Sunday, September 12, 3 pm

$12 / $8 Speed members

“Critic’s Pick! Vigorous . . . shows her mastery of live performance and also highlights her very urban sense of sarcasm; sometimes she suggests a No Wave’s answer to Fran Lebowitz.”—Glenn Kenny, New York Times

Lydia Lunch: The War Is Never Over by Beth B is the first career-spanning documentary retrospective of Lydia Lunch’s confrontational, acerbic, and always electric artistry. As New York City’s preeminent No Wave icon from the late 70’s, Lydia Lunch has forged a lifetime of music and spoken word performance devoted to the utter right of any woman to indulge, seek pleasure, and to raise voice in a rage as loud as any man.

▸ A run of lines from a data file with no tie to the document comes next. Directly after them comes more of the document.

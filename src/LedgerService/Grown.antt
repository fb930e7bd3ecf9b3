-- ===== src/LedgerService/Grown.antt =====
-- packages/ledger/src/memory-store.ts: what the calls of the store append to the entries.
use Prim.Native.String.{String}
use vr_poker.Prelude.{
  ℕ, ◌≡◌, ◌⊎◌, inl, inr, refl, sym, ap, ◌∙◌, true, Option, none, some, List, [], ◌∷◌, ◌++◌, All,
  All-append, Bool-cases, Option-cases, ◌&&◌,
}
use vr_poker.Prelude.Int.{ℤ, ◌+ℤ◌}
use vr_poker.Prelude.Maps.{lookup_in, write_in}
use vr_poker.Ledger.Entries.{
  LedgerEntry, LedgerReason, Fallible, done, failed, After, seed, buy_in, cash_out,
}
use vr_poker.Ledger.Chips.{
  ChipLedger, Amount, negated, append, pushed, balance, history, is_zero, is_negative, post_buy_in,
  post_cash_out,
}
use vr_poker.Ledger.Balances.{guarded}
use vr_poker.Ledger.Clubs.{ClubPatch, ClubRole, Percent}
use vr_poker.Ledger.Store.{
  MemoryLedgerStore, UserAccount, Answer, named, seeded, welcome_seed, is_empty_list, ensure_user,
  get_user, with_chips, after_ensure, store_buy_in, store_cash_out, store_create_club,
  store_list_clubs, store_add_member,
}

-- The entries are those from before, in their order, and then some for each of which `P` holds.
abbrev pub Grown : (LedgerEntry → Type 0) → MemoryLedgerStore → MemoryLedgerStore → Type 0
Grown P s s' = (new : List LedgerEntry) × (s'.chips.entries ≡ s.chips.entries ++ new) × All P new

-- The chips that a new user is given, who had no entry in the ledger before.
abbrev pub IsWelcome : MemoryLedgerStore → LedgerEntry → Type 0
IsWelcome s e =
    (e.reason ≡ seed)
    × (e.amount ≡ welcome_seed)
    × (is_empty_list (history e.user_id s.chips) ≡ true)

-- An entry for the player, or a welcome.
abbrev pub IsFor : MemoryLedgerStore → ℕ → LedgerEntry → Type 0
IsFor s id e = IsWelcome s e ⊎ (e.user_id ≡ id)

append_nil : (xs : List LedgerEntry) → xs ++ [] ≡ xs
append_nil [] = refl
append_nil (x ∷ xs) = ap (λ t. x ∷ t) (append_nil xs)

append_assoc : (xs ys zs : List LedgerEntry) → (xs ++ ys) ++ zs ≡ xs ++ (ys ++ zs)
append_assoc [] ys zs = refl
append_assoc (x ∷ xs) ys zs = ap (λ t. x ∷ t) (append_assoc xs ys zs)

module _ (P : LedgerEntry → Type 0) where
  pub Grown-same : (s s' : MemoryLedgerStore) → s'.chips ≡ s.chips → Grown P s s'
  Grown-same s s' e = ([], ap (λ c. c.entries) e ∙ sym (append_nil s.chips.entries), tt)

  Grown-trans : (s t u : MemoryLedgerStore) → Grown P s t → Grown P t u → Grown P s u
  Grown-trans s t u (new, e, h) (more, f, k) =
      (new ++ more, rw (f, e) (append_assoc s.chips.entries new more), All-append P new more h k)

All-map :
    {P Q : LedgerEntry → Type 0} (xs : List LedgerEntry)
    → ((e : LedgerEntry) → P e → Q e)
    → All P xs
    → All Q xs
All-map [] f h = tt
All-map (x ∷ xs) f h = (f x h.0, All-map xs f h.1)

pub Grown-weaken :
    {P Q : LedgerEntry → Type 0} (s s' : MemoryLedgerStore)
    → ((e : LedgerEntry) → P e → Q e)
    → Grown P s s'
    → Grown Q s s'
Grown-weaken s s' f (new, e, h) = (new, e, All-map new f h)

append_entry :
    (now : String) (user : ℕ) (amount : ℤ) (reason : LedgerReason) (ref : Option String)
    (l : ChipLedger)
    → After
        (λ r.
          (r.1.entries ≡ l.entries ++ (r.0 ∷ []))
          × (r.0.user_id ≡ user)
          × (r.0.reason ≡ reason)
          × (r.0.amount ≡ amount))
        (append now user (some amount) reason ref l)
unfolding append
append_entry now user amount reason ref l =
    guarded _ (is_zero amount) (is_negative amount && is_negative (balance user l +ℤ amount)) _
      (pushed now user amount reason ref l) (λ fine. (refl, refl, refl, refl))

pub named-chips :
    (subject : ℕ) (name : Option String) (s : MemoryLedgerStore)
    → (named subject name s).chips ≡ s.chips
named-chips subject none s = refl
named-chips subject (some n) s = refl

abbrev GrewTo : {A : Type 0} → (LedgerEntry → Type 0) → MemoryLedgerStore → Answer A → Type 0
GrewTo P s r = Grown P s r.1

welcomed :
    (subject : ℕ) (s t : MemoryLedgerStore) (r : Fallible (LedgerEntry × ChipLedger))
    → t.chips ≡ s.chips
    → After
        (λ r.
          (r.1.entries ≡ t.chips.entries ++ (r.0 ∷ []))
          × (r.0.user_id ≡ subject)
          × (r.0.reason ≡ seed)
          × (r.0.amount ≡ welcome_seed))
        r
    → is_empty_list (history subject t.chips) ≡ true
    → GrewTo (IsWelcome s) s (elim r [
      | failed e ↦ (failed e, t)
      | done r ↦ let u = record t { chips = r.1 } in (get_user subject u, u)
    ])
welcomed subject s t (failed e) same h new = Grown-same (IsWelcome s) s t same
welcomed subject s t (done r) same h new =
    let was_new : is_empty_list (history r.0.user_id s.chips) ≡ true =
      ap (λ u. is_empty_list (history u s.chips)) h.1
      ∙ ap (λ c. is_empty_list (history subject c)) (sym same)
      ∙ new in
    (r.0 ∷ [], h.0 ∙ ap (λ c. c.entries ++ (r.0 ∷ [])) same, ((h.2, h.3, was_new), tt))

-- `ensureUser` appends nothing or one welcome.
pub ensure_user-Grown :
    (now : String) (subject : ℕ) (name : Option String) (s : MemoryLedgerStore)
    → Grown (IsWelcome s) s (ensure_user now subject name s).1
unfolding ensure_user
ensure_user-Grown now subject name s =
    let s1 = named subject name s in
    let same = named-chips subject name s in
    elim (Option-cases (lookup_in subject s1.created)) [
      | inr (at, e) ↦ rw (ensure_user, e) (Grown-same (IsWelcome s) s s1 same)
      | inl e ↦
          let s2 : MemoryLedgerStore = record s1 { created = write_in subject now s1.created } in
          elim (Bool-cases (is_empty_list (history subject s2.chips))) [
            | inr n ↦ rw (ensure_user, e, n) (Grown-same (IsWelcome s) s s2 same)
            | inl y ↦
                rw (ensure_user, e, y)
                  (welcomed subject s s2 (seeded now subject s2.chips) same
                    (append_entry now subject welcome_seed seed (some "welcome") s2.chips) y)
          ]
    ]

-- what `with_chips` keeps of an entry
posted-Grown :
    (before : MemoryLedgerStore) (id : ℕ) (s : MemoryLedgerStore)
    (r : Fallible (LedgerEntry × ChipLedger))
    → After (λ r. (r.1.entries ≡ s.chips.entries ++ (r.0 ∷ [])) × (r.0.user_id ≡ id)) r
    → Grown (IsFor before id) s (with_chips s r).1
posted-Grown before id s (failed e) h = Grown-same (IsFor before id) s s refl
posted-Grown before id s (done r) h = (r.0 ∷ [], h.0, (inr h.1, tt))

appended :
    (now : String) (user : ℕ) (amount : Amount) (reason : LedgerReason) (ref : Option String)
    (l : ChipLedger)
    → After
        (λ r. (r.1.entries ≡ l.entries ++ (r.0 ∷ [])) × (r.0.user_id ≡ user))
        (append now user amount reason ref l)
unfolding append
appended now user none reason ref l = tt
appended now user (some amount) reason ref l =
    guarded _ (is_zero amount) (is_negative amount && is_negative (balance user l +ℤ amount)) _
      (pushed now user amount reason ref l) (λ fine. (refl, refl))

ensured-Grown :
    {A : Type 0} (P : LedgerEntry → Type 0) (s : MemoryLedgerStore)
    (k : MemoryLedgerStore → Answer A) (r : Answer UserAccount)
    → ((e : LedgerEntry) → IsWelcome s e → P e)
    → Grown (IsWelcome s) s r.1
    → ((t : MemoryLedgerStore) → Grown P t (k t).1)
    → Grown P s (after_ensure k r).1
ensured-Grown P s k (failed e, t) w g h = Grown-weaken s t w g
ensured-Grown P s k (done u, t) w g h = Grown-trans P s t (k t).1 (Grown-weaken s t w g) (h t)

module _ (now : String) (id : ℕ) (s : MemoryLedgerStore) where
  pub store_buy_in-Grown :
      (amount : Amount) (ref : String) → Grown (IsFor s id) s (store_buy_in now id amount ref s).1
  unfolding store_buy_in post_buy_in
  store_buy_in-Grown amount ref =
      ensured-Grown (IsFor s id) s _ (ensure_user now id none s) (λ e w. inl w)
        (ensure_user-Grown now id none s)
        (λ t. posted-Grown s id t _ (appended now id (negated amount) buy_in (some ref) t.chips))

  pub store_cash_out-Grown :
      (amount : Amount) (ref : String) → Grown (IsFor s id) s (store_cash_out now id amount ref s).1
  unfolding store_cash_out post_cash_out
  store_cash_out-Grown amount ref =
      posted-Grown s id s _ (appended now id amount cash_out (some ref) s.chips)

  pub store_create_club-Grown :
      (uuid : ℕ) (rake : Percent) (name : String) (settings : ClubPatch)
      → Grown (IsWelcome s) s (store_create_club now id uuid rake name settings s).1
  unfolding store_create_club
  store_create_club-Grown uuid rake name settings =
      ensured-Grown (IsWelcome s) s _ (ensure_user now id none s) (λ e w. w)
        (ensure_user-Grown now id none s) (λ t. ([], sym (append_nil t.chips.entries), tt))

  pub store_list_clubs-Grown : Grown (IsWelcome s) s (store_list_clubs now id s).1
  unfolding store_list_clubs
  store_list_clubs-Grown =
      ensured-Grown (IsWelcome s) s _ (ensure_user now id none s) (λ e w. w)
        (ensure_user-Grown now id none s) (λ t. ([], sym (append_nil t.chips.entries), tt))

  pub store_add_member-Grown :
      (club actor : ℕ) (role : Option ClubRole)
      → Grown (IsWelcome s) s (store_add_member now id club actor role s).1
  unfolding store_add_member
  store_add_member-Grown club actor role =
      ensured-Grown (IsWelcome s) s _ (ensure_user now id none s) (λ e w. w)
        (ensure_user-Grown now id none s) (λ t. ([], sym (append_nil t.chips.entries), tt))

The film frames Lunch’s work through the lens of the various philosophical themes that have obsessed her for years to enlighten and empower women to voice the unheard and to break the cycle of violence toward women throughout the world. Lunch is the psychosexual transgressive who revoked patriarchal expectations of what a female performer might mean, while forging a vocabulary of rare emotional honesty, philosophy, and humor. Lunch also lived in Old Louisville for a period around 2010.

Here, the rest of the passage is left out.